Dinnanzi alle difficoltà l’unico rimedio è usare la ragione: solo in tal modo le asprezze saranno mitigate, le angustie alleggerite; i pesi gravano meno chi li sa portare come si deve.
È buona norma non esagerare neanche con i desideri. Non dico di reprimerli, ché non sarebbe giusto, né del resto possibile: lasciamo loro una certa possibilità di agio, ma cerchiamo di usare anche in questo la ragione; evitiamo di coltivare desideri assurdi e irrealizzabili, concentriamoci su quelli, per così dire, alla nostra portata, quelli che si offrono spontaneamente alla nostra speranza; ma pensiamo sempre, in ogni caso, che si tratta di cose non essenziali, non veramente importanti, esternamente appetibili e variamente piacevoli, ma in realtà inconsistenti. E non cadiamo nell’errore di invidiare chi ha raggiunto posizioni più alte della nostra: i luoghi che sembrano elevati sono sempre scoscesi, e quindi pericolosi.
In particolare, coloro che una sorte ingiusta ha collocato nell’incertezza staranno senz’altro meglio se eviteranno la superbia e manterranno il più possibile in basso la propria condizione. Certo, per molti è indispensabile restare a quell’altezza dalla quale non possono scendere se non cadendo; ma questa è una prova del grande peso da cui sono gravati: infatti sono obbligati a pesare su altri, e in tal modo dimostrano di non essere "sollevati", ma semplicemente "attaccati" più in alto. Anche loro dovranno di continuo procurarsi molti aiuti con estrema avvedutezza, pazienza e magnanimità per migliorare ulteriormente la propria situazione, e solo nella speranza di questi aiuti si sentiranno tranquilli.

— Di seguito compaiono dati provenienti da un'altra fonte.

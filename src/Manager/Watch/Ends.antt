-- ===== src/Manager/Watch/Ends.antt =====
-- The watcher ends: its context has a deadline, and every round that goes on sleeps a second at least.
use deploy_gateway.Base.{
  ℕ, ◌≤◌, ◌≡◌, refl, true, false, Bool, String, Option, List, Result, GoError, none, some, ok, err,
  [], ◌∷◌, arith, if◌then◌else◌,
}
use deploy_gateway.Base.StateMonad.{
  pure, gets, ◌>>=◌, Runs, IsPreorder, Runs-pure, Runs-gets, Runs-bind,
}
use deploy_gateway.Store.{Operation, TerminalUpdate}
use deploy_gateway.Store.Api.{Store}
use deploy_gateway.Kube.{Deployment, WatchObject, deployment_object, other_object}
use deploy_gateway.Kube.Rollout.{RolloutState, progressing, complete, failed}
use deploy_gateway.Manager.Platform.{Platform, IsTimely}
use deploy_gateway.Manager.World.{Config, World, M, on_platform, on_store, now, notify_resolved}
use deploy_gateway.Manager.Resolve.{
  resolve, notify_winner, fail_operation, complete_operation, timeout_operation,
}
use deploy_gateway.Manager.Watch.{settle, eval_found, eval_once, drain}

module _ (S : Store) (P : Platform) where
  -- The clock has not been turned back.
  pub record Later (w w' : World S P) : Type 0 where
    pub le : P.clock w.platform ≤ P.clock w'.platform

  pub Later-IsPreorder : IsPreorder Later
  Later-IsPreorder = record { refl = λ w. omega arith; trans = λ u v w p q. omega arith }

-- The platform's clock does not run back, and a sleep takes its time.
module _ (S : Store) (P : Platform) (c : Config) (timely : IsTimely P) where
  abbrev pub Forward : {A : Type 0} → M S P A → Type 0
  Forward m = Runs (Later S P) m

  pub Forward-pure : {A : Type 0} (a : A) → Forward (pure a)
  Forward-pure = Runs-pure (Later-IsPreorder S P)

  pub Forward-gets : {A : Type 0} (f : World S P → A) → Forward (gets f)
  Forward-gets = Runs-gets (Later-IsPreorder S P)

  pub Forward-bind :
      {A B : Type 0} (m : M S P A) (f : A → M S P B)
      → Forward m
      → ((a : A) → Forward (f a))
      → Forward (m >>= f)
  Forward-bind = Runs-bind (Later-IsPreorder S P)

  pub Forward-if :
      {A : Type 0} (b : Bool) (m n : M S P A) → Forward m → Forward n → Forward (if b then m else n)
  Forward-if true m n hm hn = hm
  Forward-if false m n hm hn = hn

  pub get_deployment-Forward :
      (ns name : String) → Forward (on_platform S P (P.get_deployment ns name))
  unfolding on_platform
  get_deployment-Forward ns name = record {
    at = λ w. record { le = timely.clock-get ns name w.platform };
  }

  pub watch_deployment-Forward :
      (ns name : String) → Forward (on_platform S P (P.watch_deployment ns name))
  unfolding on_platform
  watch_deployment-Forward ns name = record {
    at = λ w. record { le = timely.clock-watch ns name w.platform };
  }

  pub on_store-Forward : {A : Type 0} (f : S.State → A × S.State) → Forward (on_store S P f)
  unfolding on_store
  on_store-Forward f = record { at = λ w. record { le = omega arith } }

  pub notify_resolved-Forward :
      (op : Operation) (msg : Option ℕ) → Forward (notify_resolved S P c op msg)
  unfolding notify_resolved
  notify_resolved-Forward op msg = record { at = λ w. record { le = omega arith } }

  pub now-Forward : Forward (now S P)
  unfolding now
  now-Forward = Forward-gets _

  pub notify_winner-Forward :
      (op : Operation) (msg : Option ℕ) (upd : TerminalUpdate) (refused : Option GoError)
      → Forward (notify_winner S P c op msg upd refused)
  unfolding notify_winner
  notify_winner-Forward op msg upd none = notify_resolved-Forward _ msg
  notify_winner-Forward op msg upd (some e) = Forward-pure tt

pub ruleset forward_rules = (
  Forward-pure, Forward-gets, Forward-bind, Forward-if, get_deployment-Forward,
  watch_deployment-Forward, on_store-Forward, notify_resolved-Forward, now-Forward,
  notify_winner-Forward,
)

module _ (S : Store) (P : Platform) (c : Config) (timely : IsTimely P) where
  abbrev pub Forwards : {A : Type 0} → M S P A → Type 0
  Forwards = Forward S P c timely

  pub resolve-Forward :
      (op : Operation) (msg : Option ℕ) (upd : TerminalUpdate) → Forwards (resolve S P c op msg upd)
  unfolding resolve
  resolve-Forward op msg upd = search forward_rules

  pub settle-Forward :
      (op : Operation) (msg : Option ℕ) (s : RolloutState) (reason : String)
      → Forwards (settle S P c op msg s reason)
  unfolding settle complete_operation fail_operation
  settle-Forward op msg complete reason = search (forward_rules, resolve-Forward) depth 7
  settle-Forward op msg failed reason = search (forward_rules, resolve-Forward) depth 7
  settle-Forward op msg progressing reason = search forward_rules

  pub drain-Forward :
      (op : Operation) (msg : Option ℕ) (events : List WatchObject)
      → Forwards (drain S P c op msg events)
  unfolding drain
  drain-Forward op msg [] = search forward_rules
  drain-Forward op msg (other_object ∷ events) = drain-Forward op msg events
  drain-Forward op msg (deployment_object dep ∷ events) =
      let ih = drain-Forward op msg events in search (forward_rules, settle-Forward)

  pub eval_found-Forward :
      (op : Operation) (msg : Option ℕ) (found : Result Deployment)
      → Forwards (eval_found S P c op msg found)
  unfolding eval_found
  eval_found-Forward op msg (ok dep) = search settle-Forward
  eval_found-Forward op msg (err e) = search forward_rules

  pub eval_once-Forward : (op : Operation) (msg : Option ℕ) → Forwards (eval_once S P c op msg)
  unfolding eval_once
  eval_once-Forward op msg = search (forward_rules, eval_found-Forward)

  pub timeout_operation-Forward :
      (op : Operation) (msg : Option ℕ) (message : String)
      → Forwards (timeout_operation S P c op msg message)
  unfolding timeout_operation
  timeout_operation-Forward op msg message = search (forward_rules, resolve-Forward)

  -- Started at the time `lo` or later, the method returns true.
  pub record Ends (lo : ℕ) (m : M S P Bool) : Type 0 where
    pub at : (w : World S P) → lo ≤ P.clock w.platform → (m w).0 ≡ true

  pub Ends-pure : (lo : ℕ) → Ends lo (pure true)
  unfolding pure
  Ends-pure lo = record { at = λ w h. refl }

  pub Ends-bind :
      {A : Type 0} (lo : ℕ) (m : M S P A) (f : A → M S P Bool)
      → Forwards m
      → ((a : A) → Ends lo (f a))
      → Ends lo (m >>= f)
  unfolding ◌>>=◌
  Ends-bind lo m f fwd ends = record {
    at = λ w h.
        let (a, w') = m w in
        let l : P.clock w.platform ≤ P.clock w'.platform = (fwd.at w).le in
        (ends a).at w' (omega arith);
  }

  pub Ends-if :
      (lo : ℕ) (b : Bool) (m n : M S P Bool) → Ends lo m → Ends lo n → Ends lo (if b then m else n)
  Ends-if lo true m n hm hn = hm
  Ends-if lo false m n hm hn = hn

pub ruleset ends_rules = (
  Ends-pure, Ends-bind, Ends-if, forward_rules, drain-Forward, eval_once-Forward,
  timeout_operation-Forward,
)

Non c’è nessuna condizione, insomma, in cui ci si possa sentire veramente liberi da questa ondeggiante inquietudine dell’animo: l’unico rimedio è fissare sempre un termine al nostro progredire – senza affidare al caso l’arbitrio del traguardo definitivo – ma fermarci di nostra iniziativa molto prima; in tal modo lo spirito riceverà gli stimoli di aspirazioni moderate e non cadrà mai vittima di eccessi né di penose incertezze.
Vive male chi non sa morir bene
Tutto ciò che ti sto dicendo, come hai già capito, riguarda gli imperfetti, i mediocri, chi ha la mente inquinata, non il vero saggio. Costui cammina sicuro, non brancolando a tentoni: ha piena fiducia in se stesso e non esita ad andare incontro alla sorte, ben determinato a non cederle mai il passo.
Che motivo avrebbe, del resto, di temerla? Egli considera tutto transitorio e deperibile, non solo le sue sostanze, la sua dignità e i suoi schiavi, ma anche il suo corpo, gli occhi, le mani e tutto ciò che rende preziosa la vita, soprattutto sente la fragilità del proprio io, e vive come se fosse solo dato in prestito a sé, pronto in ogni istante a restituire tutto senza rimpianto, qualora gli venisse richiesto. Non per questo, però, darà scarsa importanza a se stesso, per la consapevolezza di non appartenersi, anzi si comporterà sempre con somma diligenza e correttezza, come deve comportarsi un uomo onesto e scrupoloso nell’eseguire gli incarichi che gli sono stati affidati.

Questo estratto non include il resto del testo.